Show de despedida da Airforce
Após o lançamento do segundo álbum, os problemas começaram a aparecer. Mesmo sendo um bom disco, não atingiu vendagens expressivas, e isso tornava o ambiente complicado, afinal, o dinheiro que entrava era dividido entre onze pessoas. Big bands como a de Count Basie e Duke Ellington possuiam patrocínios para trabalhar e também agentes que mantinham o dinheiro certo para cada instrumentista, além de que o dinheiro recebido pelo "catálogo patenteado" de cada um deles era muito bom, mas isso não ocorria na Air Force.

A turnê de divulgação do segundo álbum foi agendada para grandes locais, com as imprensas britânica e americana taxando o grupo como sendo um Blind Faith reformulado. Porém, a venda dos ingressos foram muito baixas, e assim, o grupo encerrou as atividades em março de 1971, tendo realizado apenas 41 shows em dois anos de uma carreira curta.

Baker foi trabalhar com músicos africanos no projeto Stratovarius, tocando com Guy Warren (bateria), Fela Ransome-Kuti (órgão, voz, percussão), Bobby Gass (baixo), Sandra Danielle (voz) e Alhaji Jk Brimar (percussão) e lançando o álbum Stratovarius (1972). Baker tocou no disco do baterista Graeme Edge (ex-Moody Blues) chamado Kick Off Your Muddy Boot (1974). Formou a Baker Gurvitz Army, com quem lançou 5 LPs, e ainda fez parte de uma das formações da Hawkind.

O baterista ainda participou de vários outros grupos, como o Wings (tocando no álbum Band On The Run), PIL (onde gravou o álbum Album), Nutters, John Mizarolli e Master Of Reality, além de ter lançado vários álbuns solo e também feito parte da banda solo de Jack Bruce, com quem em 1994, formou, ao lado de Gary Moore, o BBM, que durou pouco tempo e gravou apenas um disco.
Junção dos dois álbuns em um único CD
Voltando a Air Force, no final dos anos 80, a Polygram relançou o primeiro LP em cd, e posteriormente o segundo álbum também em cd.

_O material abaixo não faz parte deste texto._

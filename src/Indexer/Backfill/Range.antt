-- ===== src/Indexer/Backfill/Range.antt =====
-- A run of BackfillService.ts ends, and what it marks.
use audio_block_backend.Base.{
  ℕ, zero, suc, ◌+◌, ◌-◌, ◌≤◌, ◌<◌, max, ◌≡◌, inl, inr, false, none, List, arith, ltb, Bool-cases,
  Option-cases,
}
use audio_block_backend.Indexer.Cursors.{
  IndexerCursor, get_cursor, get_backfill_status, is_backfill_completed, update_backfill_progress,
  complete_backfill, change_backfill,
}
use audio_block_backend.Indexer.Reader.{EventsPage, EventReaderServer}
use audio_block_backend.Indexer.Backfill.{
  Options, State, Outcome, finished, threw, unfinished, process_batch, next_from, next_stale, stops,
  fetch_range, fetch_all_in_range, finalize, run_from, run,
}

module _ (server : EventReaderServer) (o : Options) where
  -- The run has returned or thrown, in a state with the property.
  abbrev pub EndsIn : (State → Type 0) → Outcome → Type 0
  EndsIn P (finished s) = P s
  EndsIn P (threw s) = P s
  EndsIn P unfinished = ⊥

  -- The contract has no backfill record.
  abbrev pub IsUnmarked : State → Type 0
  IsUnmarked s = get_backfill_status o.contract_id o.network s.backfills ≡ none

  next_from-gt :
      (from : ℕ) (page : EventsPage) → 0 < o.batch_size → from < next_from server o from page
  unfolding next_from
  next_from-gt from page h = ground arith

  process_batch-IsUnmarked :
      (page : EventsPage) (n : ℕ) (s : State)
      → get_backfill_status o.contract_id o.network s.backfills ≡ none
      → get_backfill_status o.contract_id o.network (process_batch server o page n s).backfills
        ≡ none
  unfolding process_batch update_backfill_progress change_backfill
  process_batch-IsUnmarked page n s h = rw (h, change_backfill) h

  complete_backfill-IsUnmarked :
      (s : State)
      → IsUnmarked s
      → IsUnmarked (record s { backfills = complete_backfill o.contract_id o.network s.backfills })
  unfolding complete_backfill change_backfill
  complete_backfill-IsUnmarked s h = rw (h, change_backfill) h

  stops_lem :
      (from stale : ℕ) (page : EventsPage)
      → stops server o from stale page ≡ false
      → next_from server o from page ≤ o.end_ledger
  unfolding stops
  stops_lem from stale page e = ground (arith, e)

  fetch_all_in_range-EndsIn :
      (P : State → Type 0)
      → ((page : EventsPage) (n : ℕ) (s : State) → P s → P (process_batch server o page n s))
      → (fuel from stale : ℕ) (s : State) → 0 < o.batch_size
      → o.end_ledger < fuel + from
      → 0 < fuel
      → P s
      → EndsIn P (fetch_all_in_range server o fuel from stale s)
  unfolding fetch_all_in_range
  fetch_all_in_range-EndsIn P step zero from stale s pos room some_fuel h = absurd (omega arith)
  fetch_all_in_range-EndsIn P step (suc fuel) from stale s pos room some_fuel h =
      elim (Bool-cases (ltb o.end_ledger from)) [
        | inl e ↦ rw (e, fetch_all_in_range) h
        | inr e ↦ elim (Option-cases (fetch_range server o from)) [
          | inl f ↦ rw (e, f, fetch_all_in_range) h
          | inr (page, f) ↦
              let h' = step page (next_from server o from page) s h in
              elim (Bool-cases (stops server o from stale page)) [
                | inl g ↦ rw (e, f, g, fetch_all_in_range) h'
                | inr g ↦
                    let more = next_from-gt from page pos in
                    let within = stops_lem from stale page g in
                    rw (e, f, g, fetch_all_in_range)
                      (fetch_all_in_range-EndsIn P step fuel (next_from server o from page)
                        (next_stale server o from stale page) _ pos (omega (arith, more, room))
                        (omega (arith, more, room, within)) h')
              ]
        ]
      ]

  finalize-EndsIn :
      (P : State → Type 0)
      → ((s : State)
          → P s
          → P (record s { backfills = complete_backfill o.contract_id o.network s.backfills }))
      → (r : Outcome) → EndsIn P r
      → EndsIn P (finalize server o r)
  unfolding finalize
  finalize-EndsIn P last (finished s) h = last s h
  finalize-EndsIn P last (threw s) h = h
  finalize-EndsIn P last unfinished h = h

  run_from-EndsIn :
      (P : State → Type 0)
      → ((page : EventsPage) (n : ℕ) (s : State) → P s → P (process_batch server o page n s))
      → ((s : State)
          → P s
          → P (record s { backfills = complete_backfill o.contract_id o.network s.backfills }))
      → ((s : State) (rows : List IndexerCursor) (i n : ℕ)
          → P s
          → P (record s { cursors = rows; imported = i; current_ledger = n }))
      → (fuel from : ℕ) (s : State) → 0 < o.batch_size
      → o.end_ledger < fuel + from
      → 0 < fuel
      → P s
      → EndsIn P (run_from server o fuel from s)
  unfolding run_from
  run_from-EndsIn P step last begins fuel from s pos room some_fuel h = finalize-EndsIn P last _ (
      fetch_all_in_range-EndsIn P step fuel from 0
        (record s { imported = 0; current_ledger = from - 1 }) pos room some_fuel
        (begins s s.cursors 0 (from - 1) h))

  run-EndsIn :
      (P : State → Type 0)
      → ((page : EventsPage) (n : ℕ) (s : State) → P s → P (process_batch server o page n s))
      → ((s : State)
          → P s
          → P (record s { backfills = complete_backfill o.contract_id o.network s.backfills }))
      → ((s : State) (rows : List IndexerCursor) (i n : ℕ)
          → P s
          → P (record s { cursors = rows; imported = i; current_ledger = n }))
      → (fuel : ℕ) (s : State) → 0 < o.batch_size
      → o.end_ledger < fuel
      → P s
      → EndsIn P (run server o fuel s)
  unfolding run
  run-EndsIn P step last begins fuel s pos room h =
      let (cursor, cursors) = get_cursor o.contract_id o.network s.cursors in
      elim (Bool-cases (is_backfill_completed o.contract_id o.network s.backfills)) [
        | inl e ↦ rw (e, run) h
        | inr e ↦
            rw (e, run)
              (run_from-EndsIn P step last begins fuel
                (max o.start_ledger (cursor.last_processed_ledger + 1))
                (record s { cursors = cursors }) pos (omega (arith, room)) (omega (arith, room))
                (begins s cursors s.imported s.current_ledger h))
      ]

  -- A run always ends, since each page moves the start of the range on: with more fuel than the last
  -- ledger and a positive batch size, it returns or throws.
  pub run_ends :
      (fuel : ℕ) (s : State)
      → 0 < o.batch_size
      → o.end_ledger < fuel
      → EndsIn (λ _. Unit) (run server o fuel s)
  run_ends fuel s pos room =
      run-EndsIn (λ _. Unit) (λ page n s h. tt) (λ s h. tt) (λ s rows i n h. tt) fuel s pos room tt

  -- With a positive batch size and more fuel than the last ledger: where the contract has no
  -- backfill record, a run returns or throws without one too, so that the backfill is not marked
  -- as completed.
  pub run-IsUnmarked :
      (fuel : ℕ) (s : State)
      → 0 < o.batch_size
      → o.end_ledger < fuel
      → IsUnmarked s
      → EndsIn IsUnmarked (run server o fuel s)
  run-IsUnmarked fuel s pos room h =
      run-EndsIn IsUnmarked process_batch-IsUnmarked complete_backfill-IsUnmarked
        (λ s rows i n h. h) fuel s pos room h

No ano de 1998, ambos foram condensados em um cd duplo chamado Do What You Like, e que trás ainda raridades de estúdio com o projeto Stratovarius, sendo uma boa pedida para os bolhas de plantão.

A Ginger Baker's Air Force lançou ao mundo um dos melhores álbuns já gravados ao vivo e outro que é base para as misturas entre música africana, jazz e rock, e infelizmente, apesar de todo o talento atribuído para o grupo, hoje são lembrados mais como sendo um dos super-grupos dos anos 70 que não deu certo.

terça-feira, 22 de junho de 2010

Blind Faith


Como sair da depressão após largar uma grande banda? Simples,montar outra grande banda! E foi isso que os três ex-integrantes do Cream fizeram após o término do grupo em 1968. Nesta e nas próximas três edições do Baú do Mairon, vamos acompanhar como se desenvolveram a carreira de cada um dos membros pós-Cream, concentrando-se nas bandas em que formaram e nos álbuns lançados pelas mesmas.

Começamos então com os que não brigaram entre si, Eric Clapton e Ginger Baker. Guitarrista e vocalista multi-conceituado, Clapton teve seu início de carreira nos Yardbirds, tendo uma passagem pelos Bluesbreakers de John Mayall e vindo a alcançar o estrelato dentro do Cream. Já o baterista Baker vinha de uma estrondosa passagem pela Graham Bond Organisation (onde Bruce também fazia parte), e tinha como vantagem o fato de ser o único a aceitar as megalomanias de Clapton dentro do Cream, apesar de não aceitar as de Bruce.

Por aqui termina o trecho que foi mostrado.